→ **Materials provided**
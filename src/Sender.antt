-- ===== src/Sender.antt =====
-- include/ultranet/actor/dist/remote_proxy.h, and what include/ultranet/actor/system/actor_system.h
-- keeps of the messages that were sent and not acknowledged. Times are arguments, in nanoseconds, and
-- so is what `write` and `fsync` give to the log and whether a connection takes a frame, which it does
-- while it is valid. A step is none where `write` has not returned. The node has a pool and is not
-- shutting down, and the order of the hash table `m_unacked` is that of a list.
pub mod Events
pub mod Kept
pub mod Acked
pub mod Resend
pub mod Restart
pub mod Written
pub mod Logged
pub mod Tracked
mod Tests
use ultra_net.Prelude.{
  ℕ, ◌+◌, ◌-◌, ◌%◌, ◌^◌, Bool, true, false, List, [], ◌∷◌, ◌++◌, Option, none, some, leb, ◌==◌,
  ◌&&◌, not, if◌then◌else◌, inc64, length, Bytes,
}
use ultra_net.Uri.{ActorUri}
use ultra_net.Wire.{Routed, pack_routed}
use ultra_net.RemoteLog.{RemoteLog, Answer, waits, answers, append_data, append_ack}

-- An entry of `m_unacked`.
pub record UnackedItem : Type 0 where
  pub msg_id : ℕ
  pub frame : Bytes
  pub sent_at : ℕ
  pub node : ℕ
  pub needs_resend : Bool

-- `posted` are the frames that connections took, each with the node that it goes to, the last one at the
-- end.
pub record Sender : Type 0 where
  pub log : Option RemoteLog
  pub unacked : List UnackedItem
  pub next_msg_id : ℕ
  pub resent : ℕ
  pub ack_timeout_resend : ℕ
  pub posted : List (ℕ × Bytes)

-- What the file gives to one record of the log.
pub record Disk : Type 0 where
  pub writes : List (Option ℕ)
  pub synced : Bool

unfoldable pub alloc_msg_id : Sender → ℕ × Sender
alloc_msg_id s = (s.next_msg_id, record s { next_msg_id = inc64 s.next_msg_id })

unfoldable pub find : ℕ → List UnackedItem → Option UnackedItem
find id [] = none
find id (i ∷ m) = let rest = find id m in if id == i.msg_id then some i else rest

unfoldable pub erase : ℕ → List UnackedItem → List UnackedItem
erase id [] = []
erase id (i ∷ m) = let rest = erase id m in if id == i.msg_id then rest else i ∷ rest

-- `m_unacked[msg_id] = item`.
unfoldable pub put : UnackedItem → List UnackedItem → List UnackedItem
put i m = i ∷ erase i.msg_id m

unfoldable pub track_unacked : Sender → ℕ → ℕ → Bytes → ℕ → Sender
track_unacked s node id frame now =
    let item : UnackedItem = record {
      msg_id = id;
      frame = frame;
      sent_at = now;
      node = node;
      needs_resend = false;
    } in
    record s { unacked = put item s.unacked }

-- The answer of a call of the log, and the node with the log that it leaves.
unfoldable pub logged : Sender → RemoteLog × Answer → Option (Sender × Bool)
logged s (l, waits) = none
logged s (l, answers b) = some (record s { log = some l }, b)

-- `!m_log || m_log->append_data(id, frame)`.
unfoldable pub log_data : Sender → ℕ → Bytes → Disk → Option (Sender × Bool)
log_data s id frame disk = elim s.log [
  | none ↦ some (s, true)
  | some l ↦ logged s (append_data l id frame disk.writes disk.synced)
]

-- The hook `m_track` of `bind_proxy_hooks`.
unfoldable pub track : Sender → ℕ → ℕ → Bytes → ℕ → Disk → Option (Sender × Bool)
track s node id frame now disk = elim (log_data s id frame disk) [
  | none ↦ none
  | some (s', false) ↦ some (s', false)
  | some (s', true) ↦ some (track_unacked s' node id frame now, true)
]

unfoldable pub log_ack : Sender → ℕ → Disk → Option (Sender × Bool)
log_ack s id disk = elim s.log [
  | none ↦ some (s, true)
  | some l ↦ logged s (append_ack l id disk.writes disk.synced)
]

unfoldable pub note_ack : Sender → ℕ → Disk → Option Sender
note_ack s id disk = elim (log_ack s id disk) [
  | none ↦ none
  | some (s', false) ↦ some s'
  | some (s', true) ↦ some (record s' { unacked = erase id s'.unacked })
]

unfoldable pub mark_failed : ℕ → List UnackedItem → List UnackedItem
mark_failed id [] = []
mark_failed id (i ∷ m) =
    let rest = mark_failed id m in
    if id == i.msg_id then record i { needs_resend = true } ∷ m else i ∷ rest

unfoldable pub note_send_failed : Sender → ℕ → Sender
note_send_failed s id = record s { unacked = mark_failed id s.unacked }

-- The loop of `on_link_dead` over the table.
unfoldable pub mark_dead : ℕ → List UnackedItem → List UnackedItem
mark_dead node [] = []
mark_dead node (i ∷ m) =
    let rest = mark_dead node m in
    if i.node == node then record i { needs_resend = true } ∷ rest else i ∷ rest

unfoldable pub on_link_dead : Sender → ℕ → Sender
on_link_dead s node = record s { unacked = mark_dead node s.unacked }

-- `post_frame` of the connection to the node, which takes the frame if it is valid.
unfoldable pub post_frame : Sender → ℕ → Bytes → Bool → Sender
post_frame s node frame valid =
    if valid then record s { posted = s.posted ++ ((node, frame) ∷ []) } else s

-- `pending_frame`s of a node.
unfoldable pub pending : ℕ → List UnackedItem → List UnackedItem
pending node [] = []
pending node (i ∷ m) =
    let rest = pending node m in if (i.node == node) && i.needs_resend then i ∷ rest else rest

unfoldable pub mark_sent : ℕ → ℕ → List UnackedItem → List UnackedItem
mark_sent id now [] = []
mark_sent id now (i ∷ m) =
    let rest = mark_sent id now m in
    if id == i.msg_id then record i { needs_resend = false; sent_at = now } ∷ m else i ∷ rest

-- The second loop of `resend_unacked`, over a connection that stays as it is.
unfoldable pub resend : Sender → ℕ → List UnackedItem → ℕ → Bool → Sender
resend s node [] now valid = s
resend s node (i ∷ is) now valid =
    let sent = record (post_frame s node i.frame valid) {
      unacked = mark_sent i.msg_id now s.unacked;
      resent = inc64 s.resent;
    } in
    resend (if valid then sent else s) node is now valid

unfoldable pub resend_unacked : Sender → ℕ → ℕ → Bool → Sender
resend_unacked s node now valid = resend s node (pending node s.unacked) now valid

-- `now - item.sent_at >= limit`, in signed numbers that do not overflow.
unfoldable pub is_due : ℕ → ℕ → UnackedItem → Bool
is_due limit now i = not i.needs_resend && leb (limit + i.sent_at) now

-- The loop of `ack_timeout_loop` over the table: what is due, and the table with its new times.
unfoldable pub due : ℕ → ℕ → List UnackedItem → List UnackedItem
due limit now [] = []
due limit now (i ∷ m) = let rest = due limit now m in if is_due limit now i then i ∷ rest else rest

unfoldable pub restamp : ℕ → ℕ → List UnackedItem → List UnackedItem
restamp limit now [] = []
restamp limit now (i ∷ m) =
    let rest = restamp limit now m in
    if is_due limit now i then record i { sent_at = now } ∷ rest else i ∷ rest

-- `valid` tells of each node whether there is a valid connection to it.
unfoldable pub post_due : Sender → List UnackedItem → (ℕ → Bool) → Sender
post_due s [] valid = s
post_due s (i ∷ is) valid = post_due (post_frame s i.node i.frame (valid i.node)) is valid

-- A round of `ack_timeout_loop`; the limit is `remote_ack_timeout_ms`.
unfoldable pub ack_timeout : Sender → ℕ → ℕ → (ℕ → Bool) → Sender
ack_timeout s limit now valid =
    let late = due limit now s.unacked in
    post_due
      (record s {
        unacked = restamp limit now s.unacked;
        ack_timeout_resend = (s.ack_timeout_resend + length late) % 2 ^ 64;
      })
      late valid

==

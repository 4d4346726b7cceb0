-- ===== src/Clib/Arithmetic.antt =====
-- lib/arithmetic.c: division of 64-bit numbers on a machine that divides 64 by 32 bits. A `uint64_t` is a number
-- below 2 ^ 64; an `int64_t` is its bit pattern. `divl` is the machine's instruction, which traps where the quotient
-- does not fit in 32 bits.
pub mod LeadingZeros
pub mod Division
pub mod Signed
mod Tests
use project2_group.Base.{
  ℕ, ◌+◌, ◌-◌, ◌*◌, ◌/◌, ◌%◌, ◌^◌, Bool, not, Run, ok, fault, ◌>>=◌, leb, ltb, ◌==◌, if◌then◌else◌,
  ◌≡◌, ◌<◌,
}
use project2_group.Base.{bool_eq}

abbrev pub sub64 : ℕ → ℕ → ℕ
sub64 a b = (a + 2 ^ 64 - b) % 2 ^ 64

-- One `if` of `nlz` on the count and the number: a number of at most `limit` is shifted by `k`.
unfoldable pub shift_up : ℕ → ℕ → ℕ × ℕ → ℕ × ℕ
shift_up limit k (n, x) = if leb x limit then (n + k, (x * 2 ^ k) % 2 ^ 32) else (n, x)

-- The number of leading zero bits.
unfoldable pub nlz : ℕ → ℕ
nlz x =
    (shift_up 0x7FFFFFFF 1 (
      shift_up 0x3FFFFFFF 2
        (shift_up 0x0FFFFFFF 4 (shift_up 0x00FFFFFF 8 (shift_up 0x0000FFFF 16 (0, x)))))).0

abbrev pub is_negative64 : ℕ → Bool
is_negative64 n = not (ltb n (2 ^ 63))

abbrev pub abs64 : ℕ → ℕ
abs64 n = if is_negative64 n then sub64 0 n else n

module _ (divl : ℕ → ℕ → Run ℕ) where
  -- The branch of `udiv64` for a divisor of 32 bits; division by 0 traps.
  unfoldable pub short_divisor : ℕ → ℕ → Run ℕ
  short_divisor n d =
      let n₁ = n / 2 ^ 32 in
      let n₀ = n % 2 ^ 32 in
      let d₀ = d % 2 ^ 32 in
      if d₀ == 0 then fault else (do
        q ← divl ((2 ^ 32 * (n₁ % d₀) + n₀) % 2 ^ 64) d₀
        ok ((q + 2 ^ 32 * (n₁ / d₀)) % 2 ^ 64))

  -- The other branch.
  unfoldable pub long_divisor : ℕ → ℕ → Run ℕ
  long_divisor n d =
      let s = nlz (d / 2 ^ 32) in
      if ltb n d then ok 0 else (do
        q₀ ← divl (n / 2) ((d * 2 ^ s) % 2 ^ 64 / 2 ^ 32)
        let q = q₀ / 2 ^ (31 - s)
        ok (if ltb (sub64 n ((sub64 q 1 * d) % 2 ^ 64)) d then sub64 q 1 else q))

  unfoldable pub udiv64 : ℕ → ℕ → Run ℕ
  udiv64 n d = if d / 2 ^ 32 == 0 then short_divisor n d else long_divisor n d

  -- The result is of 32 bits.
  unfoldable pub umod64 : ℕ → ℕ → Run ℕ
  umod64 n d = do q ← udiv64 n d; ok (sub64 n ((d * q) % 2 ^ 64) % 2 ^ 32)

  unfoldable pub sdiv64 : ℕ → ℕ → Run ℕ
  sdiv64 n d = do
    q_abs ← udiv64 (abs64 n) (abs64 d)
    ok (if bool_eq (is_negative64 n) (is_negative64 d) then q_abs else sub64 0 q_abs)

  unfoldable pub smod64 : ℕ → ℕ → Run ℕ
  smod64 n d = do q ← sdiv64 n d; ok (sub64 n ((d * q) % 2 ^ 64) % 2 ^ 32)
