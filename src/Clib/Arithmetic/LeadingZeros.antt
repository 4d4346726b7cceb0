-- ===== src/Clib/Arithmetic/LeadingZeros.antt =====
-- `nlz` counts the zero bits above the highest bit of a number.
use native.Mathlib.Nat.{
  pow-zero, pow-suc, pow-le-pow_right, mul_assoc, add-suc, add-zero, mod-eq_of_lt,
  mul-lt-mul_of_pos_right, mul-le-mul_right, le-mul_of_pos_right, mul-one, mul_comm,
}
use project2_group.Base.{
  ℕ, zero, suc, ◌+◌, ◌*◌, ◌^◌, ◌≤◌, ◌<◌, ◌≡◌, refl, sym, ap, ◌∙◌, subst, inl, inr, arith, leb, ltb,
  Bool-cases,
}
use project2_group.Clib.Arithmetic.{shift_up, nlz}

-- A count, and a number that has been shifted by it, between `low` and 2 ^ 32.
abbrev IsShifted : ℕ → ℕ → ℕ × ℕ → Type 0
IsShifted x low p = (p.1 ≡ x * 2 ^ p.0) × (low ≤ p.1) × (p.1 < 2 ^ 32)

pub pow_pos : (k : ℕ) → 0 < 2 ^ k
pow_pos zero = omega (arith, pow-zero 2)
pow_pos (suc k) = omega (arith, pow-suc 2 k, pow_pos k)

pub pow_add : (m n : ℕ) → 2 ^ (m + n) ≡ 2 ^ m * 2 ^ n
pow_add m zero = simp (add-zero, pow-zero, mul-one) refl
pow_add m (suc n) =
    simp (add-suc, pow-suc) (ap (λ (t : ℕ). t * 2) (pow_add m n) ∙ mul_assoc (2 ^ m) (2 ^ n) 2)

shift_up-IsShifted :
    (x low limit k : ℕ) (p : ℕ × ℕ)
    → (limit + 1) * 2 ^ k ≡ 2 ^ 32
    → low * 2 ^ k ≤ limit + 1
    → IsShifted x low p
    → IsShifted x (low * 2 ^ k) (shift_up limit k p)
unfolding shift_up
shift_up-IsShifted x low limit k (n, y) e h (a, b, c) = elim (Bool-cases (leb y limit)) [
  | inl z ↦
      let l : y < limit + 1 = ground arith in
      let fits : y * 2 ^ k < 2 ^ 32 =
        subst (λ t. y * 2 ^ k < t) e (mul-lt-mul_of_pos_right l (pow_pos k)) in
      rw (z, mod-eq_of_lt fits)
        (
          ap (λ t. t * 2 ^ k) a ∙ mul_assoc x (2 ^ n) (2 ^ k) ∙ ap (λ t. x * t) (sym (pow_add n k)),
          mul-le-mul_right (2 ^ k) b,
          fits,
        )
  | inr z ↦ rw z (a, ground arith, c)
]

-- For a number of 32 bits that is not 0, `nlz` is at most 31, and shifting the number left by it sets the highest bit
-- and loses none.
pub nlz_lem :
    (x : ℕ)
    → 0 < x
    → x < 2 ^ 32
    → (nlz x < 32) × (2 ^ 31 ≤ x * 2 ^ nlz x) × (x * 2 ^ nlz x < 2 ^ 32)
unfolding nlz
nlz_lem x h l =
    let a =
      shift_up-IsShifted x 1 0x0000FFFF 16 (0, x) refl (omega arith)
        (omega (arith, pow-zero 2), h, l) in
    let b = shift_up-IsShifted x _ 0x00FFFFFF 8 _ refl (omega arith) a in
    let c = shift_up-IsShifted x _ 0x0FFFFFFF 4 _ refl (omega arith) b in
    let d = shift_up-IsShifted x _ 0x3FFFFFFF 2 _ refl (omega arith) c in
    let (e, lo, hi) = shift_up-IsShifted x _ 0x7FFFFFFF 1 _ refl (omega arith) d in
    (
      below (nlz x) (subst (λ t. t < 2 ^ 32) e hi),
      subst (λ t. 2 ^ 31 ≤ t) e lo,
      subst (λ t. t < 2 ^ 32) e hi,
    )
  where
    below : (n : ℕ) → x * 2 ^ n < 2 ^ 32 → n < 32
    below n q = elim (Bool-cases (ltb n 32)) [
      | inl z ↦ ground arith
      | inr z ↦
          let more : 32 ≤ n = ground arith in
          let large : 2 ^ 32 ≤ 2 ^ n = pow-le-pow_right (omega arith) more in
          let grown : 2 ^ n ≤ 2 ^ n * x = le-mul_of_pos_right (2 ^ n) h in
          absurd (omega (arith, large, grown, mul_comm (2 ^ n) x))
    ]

* * *

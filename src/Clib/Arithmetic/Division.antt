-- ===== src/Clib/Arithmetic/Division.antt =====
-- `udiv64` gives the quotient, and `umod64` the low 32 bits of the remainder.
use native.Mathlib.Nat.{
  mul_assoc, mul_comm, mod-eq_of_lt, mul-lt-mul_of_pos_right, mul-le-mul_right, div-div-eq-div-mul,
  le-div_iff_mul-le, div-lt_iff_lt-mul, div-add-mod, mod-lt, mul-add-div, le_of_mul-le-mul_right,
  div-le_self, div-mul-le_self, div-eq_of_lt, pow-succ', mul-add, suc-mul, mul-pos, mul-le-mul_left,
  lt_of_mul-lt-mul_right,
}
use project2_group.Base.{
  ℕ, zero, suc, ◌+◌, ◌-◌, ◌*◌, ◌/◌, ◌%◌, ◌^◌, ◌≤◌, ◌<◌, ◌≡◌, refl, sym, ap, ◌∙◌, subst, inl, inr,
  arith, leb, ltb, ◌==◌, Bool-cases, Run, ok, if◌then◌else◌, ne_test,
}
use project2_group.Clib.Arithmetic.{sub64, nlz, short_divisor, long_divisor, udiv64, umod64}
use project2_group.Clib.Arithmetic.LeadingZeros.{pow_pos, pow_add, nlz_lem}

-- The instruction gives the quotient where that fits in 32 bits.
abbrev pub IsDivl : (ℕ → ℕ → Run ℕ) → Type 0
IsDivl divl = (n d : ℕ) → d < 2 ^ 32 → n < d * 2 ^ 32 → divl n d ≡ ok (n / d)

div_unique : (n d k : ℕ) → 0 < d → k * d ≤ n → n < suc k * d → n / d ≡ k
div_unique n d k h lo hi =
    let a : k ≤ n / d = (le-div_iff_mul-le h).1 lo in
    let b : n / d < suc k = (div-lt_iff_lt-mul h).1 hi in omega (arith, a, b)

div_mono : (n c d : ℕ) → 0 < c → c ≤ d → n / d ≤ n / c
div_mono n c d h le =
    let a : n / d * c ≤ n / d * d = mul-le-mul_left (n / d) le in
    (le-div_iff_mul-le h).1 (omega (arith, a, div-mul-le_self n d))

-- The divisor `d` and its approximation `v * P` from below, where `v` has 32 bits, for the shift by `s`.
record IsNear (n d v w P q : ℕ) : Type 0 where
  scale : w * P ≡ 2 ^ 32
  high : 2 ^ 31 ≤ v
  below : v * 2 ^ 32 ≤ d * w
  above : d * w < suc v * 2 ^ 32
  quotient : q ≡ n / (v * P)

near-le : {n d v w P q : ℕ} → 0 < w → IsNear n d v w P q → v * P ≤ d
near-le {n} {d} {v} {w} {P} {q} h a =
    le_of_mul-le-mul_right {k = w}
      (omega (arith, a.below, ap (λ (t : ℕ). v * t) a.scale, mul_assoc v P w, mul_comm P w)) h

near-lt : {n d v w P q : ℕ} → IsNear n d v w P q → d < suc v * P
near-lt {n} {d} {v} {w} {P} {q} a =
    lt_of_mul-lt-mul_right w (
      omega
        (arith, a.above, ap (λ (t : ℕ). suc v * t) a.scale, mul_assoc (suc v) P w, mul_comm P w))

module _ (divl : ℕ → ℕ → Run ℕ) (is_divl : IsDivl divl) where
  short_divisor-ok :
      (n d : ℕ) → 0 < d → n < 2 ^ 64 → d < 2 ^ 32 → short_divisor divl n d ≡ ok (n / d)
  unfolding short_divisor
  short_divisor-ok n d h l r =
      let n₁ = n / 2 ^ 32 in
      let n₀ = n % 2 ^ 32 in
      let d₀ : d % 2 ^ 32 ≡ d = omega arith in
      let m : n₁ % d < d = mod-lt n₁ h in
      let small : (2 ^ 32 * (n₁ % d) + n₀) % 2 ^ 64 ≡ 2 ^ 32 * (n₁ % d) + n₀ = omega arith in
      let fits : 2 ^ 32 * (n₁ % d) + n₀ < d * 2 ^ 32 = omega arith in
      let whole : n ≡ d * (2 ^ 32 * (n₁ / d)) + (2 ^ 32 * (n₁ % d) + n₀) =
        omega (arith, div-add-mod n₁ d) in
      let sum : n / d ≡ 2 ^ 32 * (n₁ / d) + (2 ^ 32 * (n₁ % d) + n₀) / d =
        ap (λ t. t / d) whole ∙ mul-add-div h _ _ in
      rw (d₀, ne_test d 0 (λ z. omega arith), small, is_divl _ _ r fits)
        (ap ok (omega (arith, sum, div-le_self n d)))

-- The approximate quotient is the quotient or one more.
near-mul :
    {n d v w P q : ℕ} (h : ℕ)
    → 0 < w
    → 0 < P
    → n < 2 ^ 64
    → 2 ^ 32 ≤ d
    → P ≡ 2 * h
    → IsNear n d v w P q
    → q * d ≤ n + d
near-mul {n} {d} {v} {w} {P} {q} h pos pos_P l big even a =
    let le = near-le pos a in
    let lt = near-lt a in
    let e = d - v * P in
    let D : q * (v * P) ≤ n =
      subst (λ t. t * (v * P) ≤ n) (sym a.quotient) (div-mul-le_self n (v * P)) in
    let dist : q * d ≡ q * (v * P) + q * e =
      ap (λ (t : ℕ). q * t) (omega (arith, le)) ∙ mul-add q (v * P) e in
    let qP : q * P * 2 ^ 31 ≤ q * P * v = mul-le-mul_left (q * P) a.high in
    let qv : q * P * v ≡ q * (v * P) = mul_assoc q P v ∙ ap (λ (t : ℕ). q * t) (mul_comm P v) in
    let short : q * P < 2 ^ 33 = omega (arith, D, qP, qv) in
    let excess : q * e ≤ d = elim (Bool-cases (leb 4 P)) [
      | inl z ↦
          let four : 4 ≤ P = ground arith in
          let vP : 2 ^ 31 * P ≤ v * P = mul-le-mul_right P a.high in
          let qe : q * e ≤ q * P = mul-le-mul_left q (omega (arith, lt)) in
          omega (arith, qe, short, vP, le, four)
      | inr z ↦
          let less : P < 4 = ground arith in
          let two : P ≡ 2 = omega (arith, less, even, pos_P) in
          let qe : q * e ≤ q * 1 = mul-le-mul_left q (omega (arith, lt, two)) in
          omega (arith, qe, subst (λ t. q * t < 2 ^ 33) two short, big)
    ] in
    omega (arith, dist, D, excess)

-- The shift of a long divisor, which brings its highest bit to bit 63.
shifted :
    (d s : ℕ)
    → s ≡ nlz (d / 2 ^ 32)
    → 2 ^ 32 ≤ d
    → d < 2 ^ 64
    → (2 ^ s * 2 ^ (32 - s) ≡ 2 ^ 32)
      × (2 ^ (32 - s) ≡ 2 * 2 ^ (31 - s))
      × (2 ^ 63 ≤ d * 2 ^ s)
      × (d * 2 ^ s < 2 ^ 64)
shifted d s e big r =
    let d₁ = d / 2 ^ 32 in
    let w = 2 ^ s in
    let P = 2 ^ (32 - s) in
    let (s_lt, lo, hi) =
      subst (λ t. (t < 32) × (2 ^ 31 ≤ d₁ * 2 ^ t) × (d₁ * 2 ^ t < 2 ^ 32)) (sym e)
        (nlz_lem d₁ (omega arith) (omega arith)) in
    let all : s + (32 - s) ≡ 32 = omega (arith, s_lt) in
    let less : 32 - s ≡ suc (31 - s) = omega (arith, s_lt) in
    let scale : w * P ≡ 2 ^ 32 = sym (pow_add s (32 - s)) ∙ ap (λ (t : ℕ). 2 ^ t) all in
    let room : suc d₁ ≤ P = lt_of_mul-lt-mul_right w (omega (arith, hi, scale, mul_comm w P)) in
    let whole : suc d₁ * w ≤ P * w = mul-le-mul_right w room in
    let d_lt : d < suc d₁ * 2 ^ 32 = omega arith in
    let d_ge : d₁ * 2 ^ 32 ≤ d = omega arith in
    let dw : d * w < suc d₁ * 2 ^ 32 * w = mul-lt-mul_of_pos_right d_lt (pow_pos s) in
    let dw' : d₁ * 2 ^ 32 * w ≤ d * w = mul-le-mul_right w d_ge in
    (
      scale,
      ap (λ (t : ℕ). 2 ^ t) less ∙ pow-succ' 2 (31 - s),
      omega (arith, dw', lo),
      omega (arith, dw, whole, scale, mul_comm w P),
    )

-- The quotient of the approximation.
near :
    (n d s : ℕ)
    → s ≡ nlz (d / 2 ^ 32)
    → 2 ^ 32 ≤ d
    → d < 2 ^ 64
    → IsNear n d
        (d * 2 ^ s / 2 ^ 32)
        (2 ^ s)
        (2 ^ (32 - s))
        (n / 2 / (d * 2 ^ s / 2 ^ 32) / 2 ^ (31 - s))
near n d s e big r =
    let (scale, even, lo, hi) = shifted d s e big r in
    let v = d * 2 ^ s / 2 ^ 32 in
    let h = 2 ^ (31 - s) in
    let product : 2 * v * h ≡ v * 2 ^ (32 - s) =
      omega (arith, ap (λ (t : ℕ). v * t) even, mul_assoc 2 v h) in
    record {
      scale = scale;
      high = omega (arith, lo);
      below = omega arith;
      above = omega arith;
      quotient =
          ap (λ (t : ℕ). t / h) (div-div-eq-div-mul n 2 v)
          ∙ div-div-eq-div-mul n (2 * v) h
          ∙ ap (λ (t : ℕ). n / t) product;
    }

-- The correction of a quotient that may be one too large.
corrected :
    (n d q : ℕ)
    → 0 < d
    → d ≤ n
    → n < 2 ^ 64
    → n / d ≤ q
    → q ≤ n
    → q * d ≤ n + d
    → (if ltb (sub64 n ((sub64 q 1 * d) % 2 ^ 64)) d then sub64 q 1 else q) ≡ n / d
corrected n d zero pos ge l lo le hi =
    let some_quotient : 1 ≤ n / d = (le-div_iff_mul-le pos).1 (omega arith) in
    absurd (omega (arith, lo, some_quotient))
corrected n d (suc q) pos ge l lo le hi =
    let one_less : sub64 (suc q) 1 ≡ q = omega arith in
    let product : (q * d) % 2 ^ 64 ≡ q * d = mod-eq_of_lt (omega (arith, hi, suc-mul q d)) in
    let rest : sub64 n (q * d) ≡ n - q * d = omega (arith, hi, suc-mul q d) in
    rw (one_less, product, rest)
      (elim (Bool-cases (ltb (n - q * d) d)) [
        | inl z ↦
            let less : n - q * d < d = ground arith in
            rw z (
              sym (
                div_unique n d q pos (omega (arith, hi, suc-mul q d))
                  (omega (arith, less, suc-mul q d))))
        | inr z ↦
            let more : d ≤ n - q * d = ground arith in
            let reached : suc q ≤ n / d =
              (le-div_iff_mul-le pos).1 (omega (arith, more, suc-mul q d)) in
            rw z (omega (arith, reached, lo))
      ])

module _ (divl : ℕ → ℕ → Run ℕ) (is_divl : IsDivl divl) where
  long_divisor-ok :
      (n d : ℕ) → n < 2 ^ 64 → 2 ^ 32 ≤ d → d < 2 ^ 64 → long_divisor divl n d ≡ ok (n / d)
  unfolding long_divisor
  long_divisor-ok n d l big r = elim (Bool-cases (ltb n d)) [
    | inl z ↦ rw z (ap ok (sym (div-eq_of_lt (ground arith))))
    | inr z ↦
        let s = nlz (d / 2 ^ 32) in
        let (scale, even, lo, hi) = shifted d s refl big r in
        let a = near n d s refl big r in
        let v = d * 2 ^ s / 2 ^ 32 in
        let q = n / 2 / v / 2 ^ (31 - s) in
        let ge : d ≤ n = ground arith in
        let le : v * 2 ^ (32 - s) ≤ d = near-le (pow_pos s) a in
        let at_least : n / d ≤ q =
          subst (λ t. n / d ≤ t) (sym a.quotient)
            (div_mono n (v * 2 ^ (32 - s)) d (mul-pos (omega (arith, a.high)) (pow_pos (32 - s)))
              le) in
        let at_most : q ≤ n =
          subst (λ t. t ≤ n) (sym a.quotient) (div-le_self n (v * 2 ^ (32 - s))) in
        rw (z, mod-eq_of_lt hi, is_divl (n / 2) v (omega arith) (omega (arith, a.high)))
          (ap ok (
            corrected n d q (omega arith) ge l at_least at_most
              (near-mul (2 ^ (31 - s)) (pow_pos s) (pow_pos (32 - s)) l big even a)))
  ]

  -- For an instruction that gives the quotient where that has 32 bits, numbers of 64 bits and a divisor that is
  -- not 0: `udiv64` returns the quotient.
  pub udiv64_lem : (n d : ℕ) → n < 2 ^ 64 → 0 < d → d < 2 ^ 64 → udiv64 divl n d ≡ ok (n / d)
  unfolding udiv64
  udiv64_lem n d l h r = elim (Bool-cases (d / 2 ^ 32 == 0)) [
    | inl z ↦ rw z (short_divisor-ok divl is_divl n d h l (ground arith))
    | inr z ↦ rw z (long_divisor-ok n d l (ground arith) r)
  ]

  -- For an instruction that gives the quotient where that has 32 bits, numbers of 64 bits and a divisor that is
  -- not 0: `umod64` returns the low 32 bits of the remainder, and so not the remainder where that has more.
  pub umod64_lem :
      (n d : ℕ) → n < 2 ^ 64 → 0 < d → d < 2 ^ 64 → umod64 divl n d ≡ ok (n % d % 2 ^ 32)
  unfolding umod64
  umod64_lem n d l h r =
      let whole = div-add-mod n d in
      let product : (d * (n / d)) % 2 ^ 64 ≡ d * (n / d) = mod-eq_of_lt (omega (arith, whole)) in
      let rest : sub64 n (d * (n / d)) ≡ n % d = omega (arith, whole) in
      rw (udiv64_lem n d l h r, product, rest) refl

→ **The task**
Scan the data above for the string "branch". Copy every line in which it appears.

→ **Exercise output**
  -- The branch of `udiv64` for a divisor of 32 bits; division by 0 traps.
  -- The other branch.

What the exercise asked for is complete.